# GT: Indiana (5-7) at Dallas (6-7)



## t1no (Jul 10, 2005)

*Indiana (5-7) at Dallas (6-7)*
# Game info: 8:30 pm EST Tue Nov 25, 2008
# TV: FSIN, KTXA​


> Rick Carlisle led the Indiana Pacers to one of their most successful seasons in franchise history, but was fired three years later after the first of what is now three straight seasons without a postseason berth.
> 
> Carlisle faces his former team for the first time Tuesday when he and the Dallas Mavericks look to win their fifth straight.
> 
> ...


http://sports.yahoo.com/nba/preview?gid=2008112506


----------



## t1no (Jul 10, 2005)

*Mavericks find a way to win, 109-106*



> The Mavericks found the perfect recipe for busting a win streak Tuesday night.
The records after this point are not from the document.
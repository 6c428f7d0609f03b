-- ===== src/Gdb/Handlers.antt =====
-- The calls that the handlers of Gdb.Registers, Gdb.Query and Gdb.Verbose make are on the target that
-- the variables give.
use blackmagic_espidf.Base.{
  ℕ, Bool, true, false, if◌then◌else◌, ltb, Option, none, some, List, [], ◌∷◌,
}
use blackmagic_espidf.Base.Text.{codes}
use blackmagic_espidf.Gdb.Poll.{reply}
use blackmagic_espidf.Gdb.Memory.{
  Handled, handled, unset, read_memory, read_reply, write_memory, write_binary, write_reply,
}
use blackmagic_espidf.Gdb.State.{
  Pointer, Server, Client, Call, Effect, call, Probe, Out, answer, target_mem_write,
}
use blackmagic_espidf.Gdb.Registers.{
  reply_after, read_regs, write_regs, read_reg, write_reg, log_target, replies, handled_as,
  on_read_memory, on_write_memory, on_write_binary, handle_z_packet,
}
use blackmagic_espidf.Gdb.Pointers.{
  At, AreOn, Knows, Keeps, server, append-AreOn, replies-AreOn, answer-Keeps,
}

abbrev HandledOn : (ℕ → Type 0) → Bool → Handled (List Effect) → Type 0
HandledOn R nulls (handled log sent) = AreOn R nulls log
HandledOn R nulls unset = Unit

module _ (R : ℕ → Type 0) (nulls : Bool) where
  handled_as-Keeps :
      (s : Server) (c : Client)
      → Knows R s
      → (h : Handled (List Effect)) → HandledOn R nulls h
      → Keeps R nulls (handled_as s c h)
  handled_as-Keeps s c k (handled log sent) on = record {
    calls = append-AreOn R nulls log (replies sent) on (replies-AreOn R nulls sent);
    knows = k;
  }
  handled_as-Keeps s c k unset on = record { calls = tt; knows = k }

  if_HandledOn :
      (h h' : Handled (List Effect)) (b : Bool)
      → HandledOn R nulls h
      → HandledOn R nulls h'
      → HandledOn R nulls (if b then h else h')
  if_HandledOn h h' true on on' = on
  if_HandledOn h h' false on on' = on'

  module _ (w : Probe) (t : ℕ) (alive : R t) where
    read_reply-HandledOn :
        (log : List Effect) (len : ℕ)
        → AreOn R nulls log
        → (r : Option (List ℕ)) → HandledOn R nulls (read_reply (log_target w t) w.hexify log len r)
    unfolding read_reply
    read_reply-HandledOn log len on none = on
    read_reply-HandledOn log len on (some bytes) = on

    read_memory-HandledOn :
        (log : List Effect) (args : ℕ × ℕ)
        → AreOn R nulls log
        → HandledOn R nulls (read_memory (log_target w t) w.hexify true log (some args))
    unfolding read_memory
    read_memory-HandledOn log (addr, len) on =
        if_HandledOn _ _ (ltb 512 len) on (read_reply-HandledOn log len on (w.memory t addr len))

    write_reply-HandledOn :
        (addr : ℕ) (bytes : List ℕ) (failed refused : Bool)
        → HandledOn R nulls (
            if refused
            then handled [] (reply (codes "E02"))
            else write_reply
                (log_target w t)
                (failed, call (target_mem_write addr bytes) (some t) ∷ []))
    unfolding write_reply
    write_reply-HandledOn addr bytes failed true = tt
    write_reply-HandledOn addr bytes true false = (alive, tt)
    write_reply-HandledOn addr bytes false false = (alive, tt)

    write_memory-HandledOn :
        (pbuf : List ℕ) (size : ℕ) (args : ℕ × ℕ × ℕ)
        → HandledOn R nulls (write_memory (log_target w t) w.unhexify true [] pbuf size (some args))
    unfolding write_memory
    write_memory-HandledOn pbuf size (addr, len, hex) =
        write_reply-HandledOn addr _ (w.memory_failed t addr _) _

    write_binary-HandledOn :
        (pbuf : List ℕ) (size : ℕ) (args : ℕ × ℕ × ℕ)
        → HandledOn R nulls (write_binary (log_target w t) true [] pbuf size (some args))
    unfolding write_binary
    write_binary-HandledOn pbuf size (addr, len, bin) =
        write_reply-HandledOn addr _ (w.memory_failed t addr _) _

module _ (R : ℕ → Type 0) (nulls : Bool) (last : Pointer) (mode : Bool) (c : Client)
    (known : At R last) (w : Probe) where
  abbrev Kept : Pointer → (Server → Client → Out) → Type 0
  Kept cur handler = At R cur → Keeps R nulls (handler (server cur last mode) c)

  called-Keeps :
      (t : ℕ) (f : Call) (text : List ℕ)
      → Kept (some t) (λ s c. reply_after s c (call f (some t) ∷ []) text)
  called-Keeps t f text on = record {
    calls = (on, (tt, tt));
    knows = record { cur = on; last = known };
  }

  refused-Keeps : (text : List ℕ) → Kept none (λ s c. answer s c text)
  refused-Keeps text on = answer-Keeps R nulls last mode c known none text on

  known-Keeps :
      (t : ℕ)
      → (h : Handled (List Effect)) → (R t → HandledOn R nulls h)
      → Kept (some t) (λ s c. handled_as s c h)
  known-Keeps t h f on = handled_as-Keeps R nulls _ c (record { cur = on; last = known }) h (f on)

  pub read_regs-Keeps : (cur : Pointer) → Kept cur (read_regs w)
  unfolding read_regs
  read_regs-Keeps none on = refused-Keeps _ on
  read_regs-Keeps (some t) on = called-Keeps t _ _ on

  pub write_regs-Keeps : (pbuf : List ℕ) (cur : Pointer) → Kept cur (λ s c. write_regs w s c pbuf)
  unfolding write_regs
  write_regs-Keeps pbuf none on = refused-Keeps _ on
  write_regs-Keeps pbuf (some t) on = called-Keeps t _ _ on

  pub read_reg-Keeps : (pbuf : List ℕ) (cur : Pointer) → Kept cur (λ s c. read_reg w s c pbuf)
  unfolding read_reg
  read_reg-Keeps pbuf none on = refused-Keeps _ on
  read_reg-Keeps pbuf (some t) on = called-Keeps t _ _ on

  pub write_reg-Keeps : (pbuf : List ℕ) (cur : Pointer) → Kept cur (λ s c. write_reg w s c pbuf)
  unfolding write_reg
  write_reg-Keeps pbuf none on = refused-Keeps _ on
  write_reg-Keeps pbuf (some t) on = called-Keeps t _ _ on

  made-AreOn :
      (t : ℕ) (f : Call) (b : Bool) → R t → AreOn R nulls (if b then [] else call f (some t) ∷ [])
  made-AreOn t f true on = tt
  made-AreOn t f false on = (on, tt)

  pub on_read_memory-Keeps :
      (pbuf : List ℕ) (cur : Pointer) → Kept cur (λ s c. on_read_memory w s c pbuf)
  unfolding on_read_memory
  on_read_memory-Keeps pbuf none on = refused-Keeps _ on
  on_read_memory-Keeps pbuf (some t) on =
      known-Keeps t _
        (λ alive. read_memory-HandledOn R nulls w t alive _ _ (made-AreOn t _ _ alive)) on

  pub on_write_memory-Keeps :
      (pbuf : List ℕ) (size : ℕ) (cur : Pointer) → Kept cur (λ s c. on_write_memory w s c pbuf size)
  unfolding on_write_memory
  on_write_memory-Keeps pbuf size none on = refused-Keeps _ on
  on_write_memory-Keeps pbuf size (some t) on =
      known-Keeps t _ (λ alive. write_memory-HandledOn R nulls w t alive pbuf size _) on

  pub on_write_binary-Keeps :
      (pbuf : List ℕ) (size : ℕ) (cur : Pointer) → Kept cur (λ s c. on_write_binary w s c pbuf size)
  unfolding on_write_binary
  on_write_binary-Keeps pbuf size none on = refused-Keeps _ on
  on_write_binary-Keeps pbuf size (some t) on =
      known-Keeps t _ (λ alive. write_binary-HandledOn R nulls w t alive pbuf size _) on

  pub handle_z_packet-Keeps :
      (packet : List ℕ) (cur : Pointer) → Kept cur (λ s c. handle_z_packet w s c packet)
  unfolding handle_z_packet
  handle_z_packet-Keeps packet none on = refused-Keeps _ on
  handle_z_packet-Keeps packet (some t) on = called-Keeps t _ _ on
Just forget how to rebound, shoot horribly from 3-point range and let the opponent get plenty of open looks at the basket.
> 
> And yet, somehow the Mavericks now have won five in a row.
> 
> ...


http://mavsblog.dallasnews.com/archives/2008/11/mavericks-find-a-way-to-win-109106.html


----------



## croco (Feb 14, 2005)

5 in a row... still not impressed though.


----------



## edwardcyh (Dec 13, 2005)

5 in the row!?!?!

That's more like .500 basketball...


----------



## croco (Feb 14, 2005)

edwardcyh said:


> 5 in the row!?!?!
> 
> That's more like .500 basketball...


Why do I feel the need to bring up the Cowboys every time I see you nowadays ? :sadbanana:


----------



## VeN (May 10, 2005)

they eek by the crappy pacers and ppl are excited? meh


----------



## t1no (Jul 10, 2005)

Sure, especially after going 2-7.


----------